Exercise objective
The records that follow are to be given again exactly.

[Stored data]
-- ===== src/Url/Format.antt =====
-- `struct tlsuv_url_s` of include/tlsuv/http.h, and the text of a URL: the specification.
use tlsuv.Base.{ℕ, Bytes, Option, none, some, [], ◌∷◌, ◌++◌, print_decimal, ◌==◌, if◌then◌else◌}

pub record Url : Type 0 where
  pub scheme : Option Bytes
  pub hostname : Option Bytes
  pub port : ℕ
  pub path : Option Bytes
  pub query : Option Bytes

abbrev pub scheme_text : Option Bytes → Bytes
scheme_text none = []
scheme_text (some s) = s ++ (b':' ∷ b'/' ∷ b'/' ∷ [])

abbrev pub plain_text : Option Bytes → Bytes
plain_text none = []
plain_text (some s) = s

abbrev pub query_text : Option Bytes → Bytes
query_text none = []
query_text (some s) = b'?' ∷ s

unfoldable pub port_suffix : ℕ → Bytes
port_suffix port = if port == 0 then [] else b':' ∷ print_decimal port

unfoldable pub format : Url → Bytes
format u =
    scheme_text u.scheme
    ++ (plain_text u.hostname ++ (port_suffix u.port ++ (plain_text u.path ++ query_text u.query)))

Solution to this problem
-- ===== src/Url/Format.antt =====
-- `struct tlsuv_url_s` of include/tlsuv/http.h, and the text of a URL: the specification.
use tlsuv.Base.{ℕ, Bytes, Option, none, some, [], ◌∷◌, ◌++◌, print_decimal, ◌==◌, if◌then◌else◌}

pub record Url : Type 0 where
  pub scheme : Option Bytes
  pub hostname : Option Bytes
  pub port : ℕ
  pub path : Option Bytes
  pub query : Option Bytes

abbrev pub scheme_text : Option Bytes → Bytes
scheme_text none = []
scheme_text (some s) = s ++ (b':' ∷ b'/' ∷ b'/' ∷ [])

abbrev pub plain_text : Option Bytes → Bytes
plain_text none = []
plain_text (some s) = s

abbrev pub query_text : Option Bytes → Bytes
query_text none = []
query_text (some s) = b'?' ∷ s

unfoldable pub port_suffix : ℕ → Bytes
port_suffix port = if port == 0 then [] else b':' ∷ print_decimal port

unfoldable pub format : Url → Bytes
format u =
    scheme_text u.scheme
    ++ (plain_text u.hostname ++ (port_suffix u.port ++ (plain_text u.path ++ query_text u.query)))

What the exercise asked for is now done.